Coming along, a little at a time. Made a collet draw bar, thanks CraigB1960 and Andre for some helpful guidance. Ordered a  Shars AXA toolpost and set of holders. Was a little hesitant to put any Chinese tooling on the lathe, but they actually seem pretty decent. Just couldn't justify the cost of Aloris at the moment. Already I can see what a great improvement this is. Very rigid. I'll never go back to a lantern type holder if I can avoid it. Finally, put an LED shoplight above the lathe. 4,000 lumen, 54 watts, WOW!!! I can actually see what I'm doing now. The difference compared to fluorescent is amazing. My eyes feel 10 years younger.


----------



## John C (May 24, 2016)

Oh yeah, my love affair with 12L14 took a bad turn. It finished beautifully, but the fine chips just love to work their way into the scroll of the chuck.... and the threads of the backplate. Had to disassemble and clean the 3 jaw every time I took it off and reinstalled it.


----------



## John C (Jun 7, 2016)

At last, it's functionally complete! Gearbox tumbler arm arrived yesterday.
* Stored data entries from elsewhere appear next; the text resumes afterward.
-- ===== src/Donations/Signature/Digits.antt =====
-- Numbers in decimal, written and read back.
use mastermind_minecraft_ser.Prelude.Split.{Lacks, IsTight}
use mastermind_minecraft_ser.Prelude.{
  is_space, ◌==◌, ℕ, zero, suc, ◌+◌, ◌*◌, ◌/◌, ◌%◌, ◌<◌, true, false, ◌≡◌, ap, Text, List, [], ◌∷◌,
  All, ltb, arith, Bool-cases, inl, inr,
}
use mastermind_minecraft_ser.Grants.Items.{is_digit}
use mastermind_minecraft_ser.Grants.Command.{decimal, decimal_digits}
use mastermind_minecraft_ser.Scheduler.Cron.{leading_digits}

digit-value :
    (n a : ℕ) (t : Text)
    → leading_digits a ((b'0' + n % 10) ∷ t) ≡ leading_digits (a * 10 + n % 10) t
unfolding leading_digits is_digit
digit-value n a t =
    let digit : is_digit (b'0' + n % 10) ≡ true = ground arith in
    rw digit (ap (λ (d : ℕ). leading_digits (a * 10 + d) t) (omega arith))

pub leading_digits-decimal_digits :
    (fuel n : ℕ) (acc : Text)
    → n < fuel
    → leading_digits 0 (decimal_digits fuel n acc) ≡ leading_digits n acc
unfolding decimal_digits
leading_digits-decimal_digits zero n acc h = absurd (omega arith)
leading_digits-decimal_digits (suc fuel) n acc h = elim (Bool-cases (ltb n 10)) [
  | inl small ↦
      rw (small, digit-value n 0 acc) (ap (λ (d : ℕ). leading_digits d acc) (ground arith))
  | inr large ↦
      rw
        (
          large,
          leading_digits-decimal_digits fuel (n / 10) ((b'0' + n % 10) ∷ acc) (ground arith),
          digit-value n (n / 10) acc,
        )
        (ap (λ (d : ℕ). leading_digits d acc) (omega arith))
]

pub leading_digits-decimal : (n : ℕ) → leading_digits 0 (decimal n) ≡ n
unfolding decimal leading_digits
leading_digits-decimal n = leading_digits-decimal_digits (suc n) n [] (omega arith)

-- a non-empty text of digits
abbrev pub IsNumeral : Text → Type 0
IsNumeral [] = ⊥
IsNumeral (c ∷ t) = All (λ d. is_digit d ≡ true) (c ∷ t)

decimal_digits-IsNumeral :
    (fuel n : ℕ) (acc : Text)
    → n < fuel
    → All (λ d. is_digit d ≡ true) acc
    → IsNumeral (decimal_digits fuel n acc)
unfolding decimal_digits is_digit
decimal_digits-IsNumeral zero n acc h v = absurd (omega arith)
decimal_digits-IsNumeral (suc fuel) n acc h v =
    let digit : is_digit (b'0' + n % 10) ≡ true = ground arith in
    elim (Bool-cases (ltb n 10)) [
      | inl small ↦ rw small (digit, v)
      | inr large ↦
          rw large (
            decimal_digits-IsNumeral fuel (n / 10) ((b'0' + n % 10) ∷ acc) (ground arith)
              (digit, v))
    ]

pub decimal-IsNumeral : (n : ℕ) → IsNumeral (decimal n)
unfolding decimal
decimal-IsNumeral n = decimal_digits-IsNumeral (suc n) n [] (omega arith) tt

-- a text of digits holds no other character, and no space
pub All-map :
    {A : Type 0} (P Q : A → Type 0) (xs : List A) → ((x : A) → P x → Q x) → All P xs → All Q xs
All-map P Q [] f h = tt
All-map P Q (x ∷ xs) f h = (f x h.0, All-map P Q xs f h.1)

pub IsNumeral-digits : (t : Text) → IsNumeral t → All (λ d. is_digit d ≡ true) t
IsNumeral-digits [] h = absurd h
IsNumeral-digits (c ∷ t) h = h

pub digit-lacks : (d c : ℕ) → is_digit d ≡ false → is_digit c ≡ true → (c == d) ≡ false
unfolding is_digit
digit-lacks d c other h = ground arith

pub digit-no_space : (c : ℕ) → is_digit c ≡ true → is_space c ≡ false
unfolding is_digit is_space
digit-no_space c h = ground arith

pub decimal-Lacks : (d n : ℕ) → is_digit d ≡ false → Lacks d (decimal n)
decimal-Lacks d n other =
    All-map _ _ (decimal n) (λ c. digit-lacks d c other)
      (IsNumeral-digits (decimal n) (decimal-IsNumeral n))

pub decimal-IsTight : (n : ℕ) → IsTight (decimal n)
decimal-IsTight n =
    All-map _ _ (decimal n) digit-no_space (IsNumeral-digits (decimal n) (decimal-IsNumeral n))
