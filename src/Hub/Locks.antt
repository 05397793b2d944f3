-- ===== src/Hub/Locks.antt =====
-- internal/service/hub.go and internal/dispatch/dispatcher.go on pkg/pool, one lock at a time. A call
-- that takes several locks one after another waits in `pending` between them, where any other call
-- may come first. The goroutines are events in any order.
pub mod Sound
pub mod Waiting
pub mod Runs
use bs_notify_hub.Prelude.{
  ℕ, zero, suc, String, Bool, true, false, Option, none, some, List, [], ◌∷◌, ◌++◌, if◌then◌else◌,
}
use bs_notify_hub.Pool.Channel.{InternalMsg, new_channel, set_channel}
use bs_notify_hub.Pool.Group
use bs_notify_hub.Pool.Manager
use bs_notify_hub.Pool.Manager.{Pool}
use bs_notify_hub.Dispatch.Message.{
  Message, TargetType, target_single, target_multiple, target_broadcast,
}
use bs_notify_hub.Dispatch.Dispatcher.{Delivery, deliver}
use bs_notify_hub.Hub.{Hub, new_hub}

-- Where a call waits for its next lock, with the group that it holds.
pub data Pending : Type 0 where
  -- Register, before g.Register
  registering : ℕ → String → String → Pending
  -- Unregister, before g.Unregister
  unregistering : ℕ → String → String → String → ℕ → Pending
  -- Unregister of an empty group, before the global lock
  collecting : String → Pending
  -- process, before RangeUser of the next user
  sending : String → String → List String → Pending
  -- RangeUser, before the lock of the group, with the users that follow
  ranging : ℕ → String → String → String → List String → Pending
  -- RangeGroup, before the lock of the group
  ranging_all : ℕ → String → Pending

pub record Running : Type 0 where
  pub hub : Hub
  pub open hub use *
  pub pending : List Pending
  pub crashed : Bool

unfoldable pub started : Running
started = record { hub = new_hub; pending = []; crashed = false }

-- A call of Join, of Leave or of process begins, the pending call of that number goes on, or the
-- loop of a subscriber receives from its channel. The removal of an empty group is one event: a
-- g.Register between its two steps ends as one after them.
pub data Event : Type 0 where
  subscribes : String → String → String → Event
  leaves : String → String → String → ℕ → Event
  handles : Message → Event
  goes_on receives : ℕ → Event

abbrev pub later : Pending → Running → Running
later x r = record r { pending = r.pending ++ x ∷ [] }

abbrev pub with_pool : Pool → Running → Running
with_pool p r = record r { hub = record r.hub { pool = p } }

abbrev pub with_group : (ℕ → Pending) → Option ℕ → Running → Running
with_group f none r = r
with_group f (some p) r = later (f p) r

-- The call of a number, and the others.
unfoldable pub take_out : ℕ → List Pending → Option (Pending × List Pending)
take_out i [] = none
take_out zero (x ∷ xs) = some (x, xs)
take_out (suc i) (x ∷ xs) = elim (take_out i xs) [ none ↦ none | some r ↦ some (r.0, x ∷ r.1) ]

-- g.Register: the connection that the goroutine has made becomes known to others here, and gets its
-- number here.
unfoldable pub group_register : ℕ → String → String → Running → Running
group_register p user conn_id r =
    let k = r.next_conn in
    let fresh = record r.pool { channels = set_channel k new_channel r.channels } in
    record r {
      hub = record { pool = Manager.register_in p user conn_id k fresh; next_conn = suc k };
    }

abbrev pub then_collect : String → Pool × Bool → Running → Running
then_collect tenant (w, empty) r =
    if empty then later (collecting tenant) (with_pool w r) else with_pool w r

abbrev pub delivered_to : Delivery → Running → Running
delivered_to d r = record (with_pool (record r.pool { channels = d.channels }) r) {
  crashed = d.crashed;
}

abbrev pub delivery_of : Running → Delivery
delivery_of r = record { channels = r.channels; crashed = r.crashed }

-- The switch of process.
abbrev pub process_begins : TargetType → Message → Running → Running
process_begins target_single msg r = later (sending msg.tenant_id msg.payload msg.target_ids) r
process_begins target_multiple msg r = later (sending msg.tenant_id msg.payload msg.target_ids) r
process_begins target_broadcast msg r =
    with_group (λ p. ranging_all p msg.payload) (Manager.get_group msg.tenant_id r.manager) r

abbrev pub without_first : List InternalMsg → List InternalMsg
without_first [] = []
without_first (m ∷ ms) = ms

abbrev pub received : ℕ → Running → Running
received k r =
    let ch = record (r.channels k) { queue = without_first (r.channels k).queue } in
    with_pool (record r.pool { channels = set_channel k ch r.channels }) r

module _ (decode : String → Option InternalMsg) where
  -- A pending call takes its next lock.
  unfoldable pub resume : Pending → Running → Running
  unfolding group_register
  resume (registering p user conn_id) r = group_register p user conn_id r
  resume (unregistering p tenant user conn_id conn) r =
      then_collect tenant (Manager.unregister_in p user conn_id (some conn) r.pool) r
  resume (collecting tenant) r =
      with_pool (record r.pool { manager = Manager.collect tenant r.manager }) r
  resume (sending tenant payload []) r = r
  resume (sending tenant payload (user ∷ users)) r = elim (Manager.get_group tenant r.manager) [
    | none ↦ later (sending tenant payload users) r
    | some p ↦ later (ranging p tenant user payload users) r
  ]
  resume (ranging p tenant user payload users) r = later (sending tenant payload users) (
      delivered_to
        (Group.range_user user (λ c k s. deliver decode payload k s) (r.heap p) (delivery_of r)) r)
  resume (ranging_all p payload) r =
      delivered_to
        (Group.range_users (λ u c k s. deliver decode payload k s) (r.heap p).users (delivery_of r))
        r

  abbrev pub resume_taken : Option (Pending × List Pending) → Running → Running
  resume_taken none r = r
  resume_taken (some (x, rest)) r = resume x (record r { pending = rest })

  unfoldable pub step : Event → Running → Running
  unfolding resume take_out
  step (subscribes tenant user conn_id) r =
      let (m, p) = Manager.get_or_create_group tenant r.manager in
      later (registering p user conn_id) (with_pool (record r.pool { manager = m }) r)
  step (leaves tenant user conn_id conn) r =
      with_group (λ p. unregistering p tenant user conn_id conn)
        (Manager.get_group tenant r.manager) r
  step (handles msg) r = process_begins msg.target_type msg r
  step (goes_on i) r = resume_taken (take_out i r.pending) r
  step (receives k) r = received k r

  -- A panic stops the process.
  unfoldable pub run : List Event → Running → Running
  unfolding step
  run [] r = r
  run (e ∷ es) r = let rest = run es (step e r) in if r.crashed then r else rest
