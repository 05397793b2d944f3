-- ===== src/Hub/Locks/Sound.antt =====
-- The groups of pkg/pool between the locks of Register and Unregister, the dropped ones included.
use bs_notify_hub.Prelude.Map
use bs_notify_hub.Prelude.{
  ℕ, ◌<◌, ◌≤◌, String, ◌≡◌, false, Option, none, some, arith, ◌∙◌, nat_key, string_key,
  Option-cases, inl, inr, if_induction,
}
use bs_notify_hub.Pool.Channel.{Channels, close, new_channel, set_channel}
use bs_notify_hub.Pool.Group.{Group, empty_group, conn_of, close_old}
use bs_notify_hub.Pool.Group
use bs_notify_hub.Pool.Manager
use bs_notify_hub.Pool.Manager.{Manager, Pool}
use bs_notify_hub.Pool.Connections.{conn_of-register, conn_of-unregister, conn_of-empty}
use bs_notify_hub.Pool.Tidy.{IsTidy, empty_group-IsTidy, register-IsTidy, unregister-IsTidy}
use bs_notify_hub.Pool.Neat.{set_group-IsTidy}
use bs_notify_hub.Pool.Closing.{channels_of-unregister}
use bs_notify_hub.Hub.Locks.{Running, group_register}

-- Every connection of a group, whether the pool still finds the group or not, is open and stands at
-- one key of one group, and a connection that is made later is another one.
pub record IsSound (w : Pool) (next_conn : ℕ) : Type 0 where
  pub tidy : (p : ℕ) → IsTidy (w.heap p)
  pub bounded : (n : String) (p : ℕ) → Map.get n w.groups ≡ some p → p < w.next
  pub unused : (p : ℕ) (u c : String) → w.next ≤ p → conn_of (w.heap p) u c ≡ none
  pub open_ :
      (p : ℕ) (u c : String) (k : ℕ)
      → conn_of (w.heap p) u c ≡ some k
      → (w.channels k).closed ≡ false
  pub older : (p : ℕ) (u c : String) (k : ℕ) → conn_of (w.heap p) u c ≡ some k → k < next_conn
  pub once :
      (p : ℕ) (u c : String) (p' : ℕ) (u' c' : String) (k : ℕ)
      → conn_of (w.heap p) u c ≡ some k
      → conn_of (w.heap p') u' c' ≡ some k
      → (p ≡ p') × (u ≡ u') × (c ≡ c')

created-conn_of :
    (n : String) (w : Pool) (next_conn p : ℕ) (u c : String)
    → IsSound w next_conn
    → conn_of ((Manager.get_or_create_group n w.manager).0.heap p) u c ≡ conn_of (w.heap p) u c
unfolding Manager.get_or_create_group
created-conn_of n w next_conn p u c v =
    ground (arith, v.unused p u c, conn_of-empty empty_group u c)

pub created_next :
    (n : String) (w : Pool) (next_conn : ℕ)
    → IsSound w next_conn
    → let (m, p) = Manager.get_or_create_group n w.manager in (w.next ≤ m.next) × (p < m.next)
unfolding Manager.get_or_create_group
created_next n w next_conn v = elim (Option-cases (Map.get n w.groups)) [
  | inl h ↦ rw (h, Manager.get_or_create_group) (omega arith, omega arith)
  | inr (p, h) ↦ rw (h, Manager.get_or_create_group) (omega arith, v.bounded n p h)
]

created-IsTidy :
    (n : String) (w : Pool) (next_conn : ℕ)
    → IsSound w next_conn
    → (p : ℕ) → IsTidy ((Manager.get_or_create_group n w.manager).0.heap p)
unfolding Manager.get_or_create_group
created-IsTidy n w next_conn v p = elim (Option-cases (Map.get n w.groups)) [
  | inl h ↦
      rw (h, Manager.get_or_create_group)
        (set_group-IsTidy w.next empty_group w.heap empty_group-IsTidy v.tidy p)
  | inr (q, h) ↦ rw (h, Manager.get_or_create_group) (v.tidy p)
]

created_bounded :
    (n : String) (w : Pool) (next_conn : ℕ)
    → IsSound w next_conn
    → (n' : String) (p : ℕ)
    → let m = (Manager.get_or_create_group n w.manager).0 in
      Map.get n' m.groups ≡ some p → p < m.next
unfolding Manager.get_or_create_group
created_bounded n w next_conn v n' p =
    ground (arith, Map.get-put n n' w.next w.groups, v.bounded n' p)

pub get_or_create-IsSound :
    (n : String) (w : Pool) (next_conn : ℕ)
    → IsSound w next_conn
    → IsSound (record w { manager = (Manager.get_or_create_group n w.manager).0 }) next_conn
get_or_create-IsSound n w next_conn v =
    let at = λ (p : ℕ) (u c : String). created-conn_of n w next_conn p u c v in
    let grown = (created_next n w next_conn v).0 in
    record {
      tidy = created-IsTidy n w next_conn v;
      bounded = created_bounded n w next_conn v;
      unused = λ p u c h. at p u c ∙ v.unused p u c (omega (arith, h, grown));
      open_ = λ p u c k h. v.open_ p u c k (cc (at p u c, h));
      older = λ p u c k h. v.older p u c k (cc (at p u c, h));
      once = λ p u c p' u' c' k h h'.
          v.once p u c p' u' c' k (cc (at p u c, h)) (cc (at p' u' c', h'));
    }

pub group_register-IsSound :
    (p : ℕ) (u c : String) (r : Running)
    → p < r.next
    → IsSound r.pool r.next_conn
    → IsSound (group_register p u c r).pool (group_register p u c r).next_conn
unfolding group_register Manager.register_in Group.register conn_of
group_register-IsSound p u c r b v =
    let k = r.next_conn in
    let cs = set_channel k new_channel r.channels in
    let at = λ (u' c' : String). conn_of-register (r.heap p) cs u c k u' c' in
    record {
      tidy = set_group-IsTidy p _ r.heap (register-IsTidy (r.heap p) cs u c k (v.tidy p)) v.tidy;
      bounded = v.bounded;
      unused = λ p' u' c' h. ground (arith, v.unused p' u' c');
      open_ = λ p' u' c' k' h.
          unfold close in
          ground
            (arith, at u' c', v.open_ p' u' c' k', v.older p' u' c' k', v.once p u c p' u' c' k');
      older = λ p' u' c' k' h. ground (arith, at u' c', v.older p' u' c' k');
      once = λ p' u' c' p'' u'' c'' k' h h'. ground (
        arith,
        at u' c',
        at u'' c'',
        v.older p' u' c' k',
        v.older p'' u'' c'' k',
        v.once p' u' c' p'' u'' c'' k',
      );
    }

pub unregister_in-IsSound :
    (p : ℕ) (u c : String) (e : Option ℕ) (w : Pool) (next_conn : ℕ)
    → IsSound w next_conn
    → IsSound (Manager.unregister_in p u c e w).0 next_conn
unfolding Manager.unregister_in
unregister_in-IsSound p u c e w next_conn v =
    let at = λ (u' c' : String). conn_of-unregister (w.heap p) w.channels u c e u' c' in
    record {
      tidy =
          set_group-IsTidy p _ w.heap (unregister-IsTidy (w.heap p) w.channels u c e (v.tidy p))
            v.tidy;
      bounded = v.bounded;
      unused = λ p' u' c' h. ground (arith, at u' c', v.unused p' u' c');
      open_ = λ p' u' c' k' h.
          unfold close in
          ground (
            arith,
            at u' c',
            channels_of-unregister (w.heap p) w.channels u c e,
            v.open_ p' u' c' k',
            v.once p u c p' u' c' k',
          );
      older = λ p' u' c' k' h. ground (arith, at u' c', v.older p' u' c' k');
      once = λ p' u' c' p'' u'' c'' k' h h'.
          ground (arith, at u' c', at u'' c'', v.once p' u' c' p'' u'' c'' k');
    }

pub collect-IsSound :
    (n : String) (w : Pool) (next_conn : ℕ)
    → IsSound w next_conn
    → IsSound (record w { manager = Manager.collect n w.manager }) next_conn
unfolding Manager.collect
collect-IsSound n w next_conn v = elim (Option-cases (Map.get n w.groups)) [
  | inl h ↦ rw (h, Manager.collect) v
  | inr (q, h) ↦
      rw (h, Manager.collect)
        (if_induction (λ (m : Manager). IsSound (record w { manager = m }) next_conn)
          (Group.is_empty (w.heap q)) _ w.manager
          (record {
            tidy = v.tidy;
            bounded = λ n' p. ground (arith, Map.get-remove n n' w.groups, v.bounded n' p);
            unused = v.unused;
            open_ = v.open_;
            older = v.older;
            once = v.once;
          })
          v)
]

-- A walk of the dispatcher keeps the channels that were open.
pub delivered-IsSound :
    (w : Pool) (next_conn : ℕ) (cs : Channels)
    → IsSound w next_conn
    → ((k : ℕ) → (cs k).closed ≡ (w.channels k).closed)
    → IsSound (record w { channels = cs }) next_conn
delivered-IsSound w next_conn cs v kept = record {
  tidy = v.tidy;
  bounded = v.bounded;
  unused = v.unused;
  open_ = λ p u c k h. kept k ∙ v.open_ p u c k h;
  older = v.older;
  once = v.once;
}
I wasted no time getting it installed and cutting some threads.


----------



## Rodney Young (Jun 14, 2016)

Looking good! Going to take me a while to get where you are as mine is still little bitty pieces! Glad the Shars AXA tool holder worked out for you I'm looking for the same type of unit for mine and was also concerned about the quality.
  Rodney


----------



## John C (Jun 14, 2016)

The Shars QCTP and holders are Ok. The locknut on the height adjusting screw on the tool holders tends to lock too tightly, requiring using pliers to hold the knurled wheel to loosen it. The threaded stud that these ride on comes loose from the holder. Nothing a little red Loctite won't fix. Just minor nuisance issues really. Over all I'm happy with them.


----------



## starrrtraveler (Jun 14, 2016)

Hello and thanks for showing the progress of your restoration.  I have a 1944 SB H10 with taper attachment.  I am about to make a new crossfeed screw but might consider buying if the price is right.  Would you mind posting a link to the ebay supplier you bought your screw from?  Thanks in advance and keeping an eye on your progression.


----------



## John C (Jun 15, 2016)

The screw was from a guy in Nebraska. His eBay listing: http://www.ebay.com/usr/tross96586


----------



## core-oil (Jun 15, 2016)

John C.

Superb workmanship, thanks for posting, you say that the serial number is missing due to a bed re-grind, If you know someone high up in your local police department & tell them how you have restored a nice old vintage machine, I wonder if they could look at the portion of the bed with a portable device they use for checking auto mobile engine blocks where the serial number is ground off, Over here the police have this portable machine which can see the trace of the stamp under the grinding surface. Do not know if over your way they will help the community Might be worth asking?    As far as i know this machine is a non destructive check ing divice.


----------



## starrrtraveler (Jun 15, 2016)

starrrtraveler said:


> Hello and thanks for showing the progress of your restoration.  I have a 1944 SB H10 with taper attachment.  I am about to make a new crossfeed screw but might consider buying if the price is right.  Would you mind posting a link to the ebay supplier you bought your screw from?  Thanks in advance and keeping an eye on your progression.



Thanks John!  I'll send him a message to see when he'll have a new screw ready.


----------